# Pork shots,  stuffed peppers,  and shotgun shells



## Brokenhandle (Oct 23, 2021)

Daughter had given us some sweet peppers so we decided it was time for some peppers with cream cheese topped with bacon bits and some Jeff's rub









Also had never made pork shots so thought it was time. Half just got ring bologna and cheddar cheese and the others had ring bologna,  with breakfast sausage mixed with cream cheese and then topped with cheddar. 



















Just had to try some smoked shotgun shells! Stuffed some with the leftover breakfast sausage and cream cheese mixture and cheddar cheese and the rest with just breakfast sausage and cheddar cheese. 







Wrapped in bacon,  brushed on some Cookies bbq sauce, and sprinkled with Jeff's rub.







Smoked at 250 degrees for 2 hours, then another coat of bbq sauce and then finished in oven at 275 for another 30 minutes.  Pellets were just about all burned out.









Made for a full smoker!







Thought I should share a pic of the pies my wife made... 2 butterfinger pie, recipe courtesy of 

 chopsaw
  .  These were for my dad, he took them to a get together with mom's nursing classmates and their husband's.

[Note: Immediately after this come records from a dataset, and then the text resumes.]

-- ===== src/Runtime/Pages.antt =====
-- The devices behind a peer: asked for with one request, answered in pages of fifty under one
-- cookie, and put together again by the peer that asked.
pub mod Reassembly
pub mod FirstPage
pub mod Waiting
pub mod Answer
use vilan_peer.Base.{ℕ, zero, suc, ◌+◌, ◌-◌, ◌*◌, ◌/◌, ◌%◌, ◌^◌, Bool, true, false, List, [], ◌∷◌}
use vilan_peer.Base.{
  ◌++◌, Option, none, some, load, store, delete, ◌==◌, if◌then◌else◌, ltb, bit_and,
}
use vilan_peer.Base.{length, take, drop}
use vilan_peer.Address.{prefix_mask, ip_v4_to_uint32}
use vilan_peer.Model.Wire.{IpNet}
use vilan_peer.Model.Messages.{LinkInfo, LinksRequest, LinksResponse, PeerBody}
use vilan_peer.Runtime.State.{Runtime, Host, Reply, done, failed, panicked, Error, no_message}
use vilan_peer.Runtime.State.{no_handler, no_local_ip, no_links}
use vilan_peer.Runtime.Send.{forward_message, frame, send_peer_links_request}

abbrev in_segment : IpNet → Option ℕ → List LinkInfo → List LinkInfo
in_segment net none rest = rest
in_segment net (some ip) rest =
    let mask = prefix_mask net.net_bit_len in
    if bit_and net.net_addr mask == bit_and ip mask
    then record { addr = ip; rx = 0; tx = 0 } ∷ rest
    else rest

-- The entries of the ARP table that are in the segment of the local address.
unfoldable pub local_links : IpNet → List (List ℕ) → List LinkInfo
local_links net [] = []
local_links net (ip ∷ ips) = in_segment net (ip_v4_to_uint32 ip) (local_links net ips)

-- The number of pages.
abbrev pub page_count : ℕ → ℕ
page_count n = if ltb 0 (n % 50) then n / 50 + 1 else n / 50

-- Page `i` of `count`.
abbrev pub page : List LinkInfo → ℕ → ℕ → List LinkInfo
page links count i = if i == count - 1 then drop (i * 50) links else take 50 (drop (i * 50) links)

-- The responses for pages `i`, `i + 1`, and so on: `left` of them.
unfoldable pub responses : ℕ → ℕ → ℕ → List LinkInfo → ℕ → ℕ → ℕ → List LinksResponse
responses src dst cookie links count i zero = []
responses src dst cookie links count i (suc left) =
    record { src_mac = src; dst_mac = dst; cookie = cookie; link_info = page links count i }
    ∷ responses src dst cookie links count (i + 1) left

unfoldable pub send_responses : List LinksResponse → Runtime → Runtime
send_responses [] r = r
send_responses (m ∷ ms) r =
    send_responses ms
      (forward_message r.server_sock.handler (frame (PeerBody.links_response m) r) r)

-- rand.Uint32() + 1
abbrev pub new_cookie : Host → ℕ
new_cookie host = (host.random + 1) % 2 ^ 32

-- What ProcessPeerLinksRequest answers to the peer `dst`.
unfoldable pub answers : Host → IpNet → ℕ → ℕ → List LinksResponse
answers host net own dst =
    let links = local_links net host.arp_table in
    let count = page_count (length links) in responses own dst (new_cookie host) links count 0 count

-- A missing request is followed where there is a page to answer.
abbrev answer_request : Host → IpNet → Option LinksRequest → Runtime → Runtime × Reply
answer_request host net (some m) r =
    (send_responses (answers host net r.config.tap_config.hw_mac m.src_mac) r, done)
answer_request host net none r =
    (r, if length (local_links net host.arp_table) == 0 then done else panicked)

abbrev with_local_ip : Host → Option IpNet → Option LinksRequest → Runtime → Runtime × Reply
with_local_ip host none m r = (r, failed no_local_ip)
with_local_ip host (some net) m r = answer_request host net m r

abbrev with_channel : Host → Option ℕ → Option LinksRequest → Runtime → Runtime × Reply
with_channel host none m r = (r, failed no_handler)
with_channel host (some h) m r = with_local_ip host r.local_ip m r

-- ProcessPeerLinksRequest
unfoldable pub process_peer_links_request : Host → Option LinksRequest → Runtime → Runtime × Reply
process_peer_links_request host m r = with_channel host r.server_sock.handler m r

-- `append(links, response.LinkInfo...)` where there are links, else the links of the response.
abbrev more_links : Option (List LinkInfo) → List LinkInfo → List LinkInfo
more_links none new = new
more_links (some old) new = old ++ new

abbrev same_cookie : Option ℕ → ℕ → Bool
same_cookie none cookie = false
same_cookie (some c) cookie = c == cookie

abbrev take_page : LinksResponse → Runtime → Runtime
take_page m r =
    if same_cookie (load m.src_mac r.link_info_req_cookie) m.cookie
    then record r {
      link_infos =
          store m.src_mac (more_links (load m.src_mac r.link_infos) m.link_info) r.link_infos;
    }
    else record r {
      link_info_req_cookie = store m.src_mac m.cookie r.link_info_req_cookie;
      link_infos = store m.src_mac m.link_info r.link_infos;
    }

abbrev nonempty_page : LinksResponse → List LinkInfo → Runtime → Runtime × Reply
nonempty_page m [] r = (r, failed no_links)
nonempty_page m (l ∷ ls) r = (take_page m r, done)

-- ProcessPeerLinksResponse
unfoldable pub process_peer_links_response : Option LinksResponse → Runtime → Runtime × Reply
process_peer_links_response none r = (r, failed no_message)
process_peer_links_response (some m) r = nonempty_page m m.link_info r

-- GetLinkInfos up to its waiting: the known links are forgotten, and a request is sent.
unfoldable pub request_link_infos : ℕ → Runtime → Runtime × Reply
request_link_infos mac r =
    send_peer_links_request mac (record r { link_infos = delete mac r.link_infos })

We probably should have tasted them for quality control!
My wife recently went to the Dr and was told her cholesterol was a little high and that she could change her eating habits to help with that... I was told this meal wasn't what they meant!    but it sure was good!

Thanks for looking!
Ryan


----------



## smokeymose (Oct 23, 2021)

Very nice, Ryan!
I'm especially interested in the Shotgun Shells. 
Did the pasta soften up with moisture from the filling and sauce?
I'm assuming it wasn't pre-cooked.....
Dan


----------



## Coreymacc (Oct 23, 2021)

I came across a recipe for pork shots a few days ago. Thanks for the demo, im definitely doing these now. 

Corey


----------



## TNJAKE (Oct 23, 2021)

Looks great Ryan. I've never done pork shots. Definitely need to change that. Nice work bud


----------



## Brokenhandle (Oct 23, 2021)

smokeymose said:


> Very nice, Ryan!
> I'm especially interested in the Shotgun Shells.
> Did the pasta soften up with moisture from the filling and sauce?
> I'm assuming it wasn't pre-cooked.....
> Dan


Thanks Dan! You're correct,  they weren't precooked.  And they did soften up during the cook, did have a couple hard places on ends where they weren't covered.  If I remember correctly in the video made by 

 TulsaJeff
  he recommended putting in fridge for a couple hours or overnight to give more time to soften but I didn't have a couple hours to wait and definitely not the patience to wait overnight!

Ryan


----------



## Brokenhandle (Oct 23, 2021)

Coreymacc said:


> I came across a recipe for pork shots a few days ago. Thanks for the demo, im definitely doing these now.
> 
> Corey


You definitely won't be disappointed! And you can use anything you want... we liked the ones with added breakfast sausage and cream cheese better!

Ryan


----------



## Brokenhandle (Oct 23, 2021)

TNJAKE said:


> Looks great Ryan. I've never done pork shots. Definitely need to change that. Nice work bud


Thanks Jake! They are tasty! Was nice to finally get some time to smoke something!

Ryan


----------



## chopsaw (Oct 23, 2021)

Ryan , that all looks great . I'm way over due for some of the pie . I'll have to try the shotgun shells . 
Pork shots with cream cheese are my favorite . Cold out of the fridge the next morning is killer . 
Nice work .


----------



## smokerjim (Oct 23, 2021)

Everything looks great Ryan!


----------



## SmokinEdge (Oct 23, 2021)

Looks fantastic. Nice work for sure.


----------



## SmokinEdge (Oct 23, 2021)

TNJAKE said:


> I've never done pork shots. Definitely need to change that.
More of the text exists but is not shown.